I think UEGO is same as wideband. It's the good old difference between wideband vs narrowband, APX vs BAM thing :lol: :lol: I bought A/F gauge also a while ago and the cheap ones use old narrowband sensor. Wideband sensor can tell the A/F ratio in much wider range, narrowband only when you are really close to optimal (works for fine tuning full throttle conditions but useless for monitoring/logging).

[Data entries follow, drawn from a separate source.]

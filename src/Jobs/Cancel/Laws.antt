-- ===== src/Jobs/Cancel/Laws.antt =====
-- Lemmas on the jobs table under cancelling and marking failed (backend/routes_jobs.py).
use certheim.Base.{List, Text, [], arith, inl, inr, refl, take, true, update_where, ◌∷◌, ◌≡◌, ◌⊎◌}
use certheim.Store.{Job, Request, Status, World}
use certheim.Crypto.{Openssl}
use certheim.Jobs.Evolution.{Moves, Steps, Steps-refl, Steps-trans, Steps-update_where}
use certheim.Jobs.Cancel.{
  Outcome, Tally, bulk_cancel_jobs, cancel_all, cancel_job, cancel_one, cancel_reply, failure_note,
  mark_failed, no_cancels, pending_row, set_cancelled, set_failed, tally,
}

pending_row-pending :
    (job_id : Text) (j : Job) → pending_row job_id j ≡ true → j.status ≡ Status.pending
pending_row-pending job_id j h = ground arith

-- a cancellation changes the rows that the pending update selects, or none
abbrev cancelled_jobs : Request → Text → Text → Outcome → List Job → List Job
cancelled_jobs r job_id reason Outcome.cancelled js =
    update_where (pending_row job_id) (set_cancelled r reason) js
cancelled_jobs r job_id reason _ js = js

pub jobs-cancel_one :
    (r : Request) (job_id reason : Text) (w : World)
    → (cancel_one r job_id reason w).0.jobs
      ≡ cancelled_jobs r job_id reason (cancel_one r job_id reason w).1 w.jobs
unfolding cancel_one
jobs-cancel_one r job_id reason w = ground arith

pub jobs-mark_failed :
    (r : Request) (job_id note : Text) (w : World)
    → ((mark_failed r job_id note w).0.jobs ≡ w.jobs)
      ⊎ ((mark_failed r job_id note w).0.jobs
          ≡ update_where (pending_row job_id) (set_failed r (failure_note note)) w.jobs)
unfolding mark_failed
jobs-mark_failed r job_id note w = ground arith

module _ (ssl : Openssl) where
  cancelled-Moves :
      (r : Request) (job_id reason : Text) (j : Job)
      → pending_row job_id j ≡ true
      → Moves ssl j (set_cancelled r reason j)
  cancelled-Moves r job_id reason j h =
      let e : j.status ≡ Status.pending = pending_row-pending job_id j h in
      record {
        id_kept = refl;
        csr_kept = refl;
        requester_kept = refl;
        host_kept = refl;
        moved = rw e refl;
        certified = λ c. rw e at c;
      }

  failed-Moves :
      (r : Request) (job_id note : Text) (j : Job)
      → pending_row job_id j ≡ true
      → Moves ssl j (set_failed r note j)
  failed-Moves r job_id note j h =
      let e : j.status ≡ Status.pending = pending_row-pending job_id j h in
      record {
        id_kept = refl;
        csr_kept = refl;
        requester_kept = refl;
        host_kept = refl;
        moved = rw e refl;
        certified = λ c. rw e at c;
      }

  cancelled_jobs-Steps :
      (r : Request) (job_id reason : Text) (o : Outcome) (js : List Job)
      → Steps ssl js (cancelled_jobs r job_id reason o js)
  cancelled_jobs-Steps r job_id reason Outcome.cancelled js =
      Steps-update_where ssl (pending_row job_id) (set_cancelled r reason) (λ _. refl)
        (cancelled-Moves r job_id reason) js
  cancelled_jobs-Steps r job_id reason _ js = Steps-refl ssl js

  pub cancel_one-Steps :
      (r : Request) (job_id reason : Text) (w : World)
      → Steps ssl w.jobs (cancel_one r job_id reason w).0.jobs
  cancel_one-Steps r job_id reason w =
      rw (jobs-cancel_one r job_id reason w)
        (cancelled_jobs-Steps r job_id reason (cancel_one r job_id reason w).1 w.jobs)

  cancel_all-Steps :
      (r : Request) (job_ids : List Text) (reason : Text) (w : World) (t : Tally)
      → Steps ssl w.jobs (cancel_all r job_ids reason w t).0.jobs
  unfolding cancel_all
  cancel_all-Steps r [] reason w t = Steps-refl ssl w.jobs
  cancel_all-Steps r (job_id ∷ job_ids) reason w t =
      let (w', o) = cancel_one r job_id reason w in
      Steps-trans ssl w.jobs w'.jobs (cancel_all r job_ids reason w' (tally o job_id t)).0.jobs
        (cancel_one-Steps r job_id reason w)
        (cancel_all-Steps r job_ids reason w' (tally o job_id t))

  pub bulk_cancel_jobs-Steps :
      (r : Request) (job_ids : List Text) (reason : Text) (w : World)
      → Steps ssl w.jobs (bulk_cancel_jobs r job_ids reason w).0.jobs
  unfolding bulk_cancel_jobs
  bulk_cancel_jobs-Steps r job_ids reason w =
      ground
        (arith, Steps-refl ssl w.jobs, cancel_all-Steps r job_ids (take 512 reason) w no_cancels)

  jobs-cancel_reply : (p : World × Outcome) → (cancel_reply p).0.jobs ≡ p.0.jobs
  jobs-cancel_reply (w, Outcome.cancelled) = refl
  jobs-cancel_reply (w, Outcome.denied) = refl
  jobs-cancel_reply (w, Outcome.skipped) = refl

  pub cancel_job-Steps :
      (r : Request) (job_id reason : Text) (w : World)
      → Steps ssl w.jobs (cancel_job r job_id reason w).0.jobs
  unfolding cancel_job
  cancel_job-Steps r job_id reason w = ground (
    arith,
    Steps-refl ssl w.jobs,
    jobs-cancel_reply (cancel_one r job_id (take 512 reason) w),
    cancel_one-Steps r job_id (take 512 reason) w,
  )

  pub mark_failed-Steps :
      (r : Request) (job_id note : Text) (w : World)
      → Steps ssl w.jobs (mark_failed r job_id note w).0.jobs
  mark_failed-Steps r job_id note w = elim (jobs-mark_failed r job_id note w) [
    | inl same ↦ rw same (Steps-refl ssl w.jobs)
    | inr closed ↦ rw closed (
        Steps-update_where ssl (pending_row job_id) (set_failed r (failure_note note)) (λ _. refl)
          (failed-Moves r job_id (failure_note note)) w.jobs)
  ]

Godddddamn! :evil: :evil: :evil: Bought my Compbrake mounts in 2009. Wrote them an email or called (can't remember anymore) and explained how they got loose and suggested that they could send me a set of extra rings. They refused and said nobody else has problems. I degreased and cleaned them like crazy and then tightened really hard and after that they have been fine. Still have to keep C-spanner in the glove-box and tighten every once in a while. I'd definitely like to have extra rings for security, have to contact them again...

Found your dyno graph from rolling road thread. Very impressed, talking about usable power! Your HP curve is pretty much flat from 4000rpm!!! So you got that 300hp ready when ever you need it 8) 8)


----------



## jamman (May 6, 2002)

Spelling aside this really is a great write up Tony I'm almost tempted but I'm thinking this is more a long hot summers day job than a pitch black at bloody 5 winters one so I think I will save it to the summer


----------



## Matt B (Apr 8, 2007)

nate42 said:


> tony_rigby_uk said:
> 
> 
> > nate42 said:
> ...


I have some compbrake rings that you can have if you give me your address.

matt


----------



## tony_rigby_uk (Nov 27, 2008)

nate42 said:


> Found your dyno graph from rolling road thread. Very impressed, talking about usable power! Your HP curve is pretty much flat from 4000rpm!!! So you got that 300hp ready when ever you need it 8) 8)


Thanks Nate,

I'm really pleased.. must say i think the meth really helped.. after ADI and being on the track at castle combe i physically felt the car lose power once the meth had gone and temperatures started to rise.. it was like the ECU pulled all the settings back... so the meth must have helped on the dyno in preventing the Hott temps ruining the result


----------



## cryptopsy (Jul 11, 2017)

all of the pictures are blocked from photobucket and i need help wiring the snow performance methanol kit


----------



## intott (Apr 7, 2015)

Red - 12v power 
Black - ground 
Yellow - MAF wire signal 
Green - power to pump


----------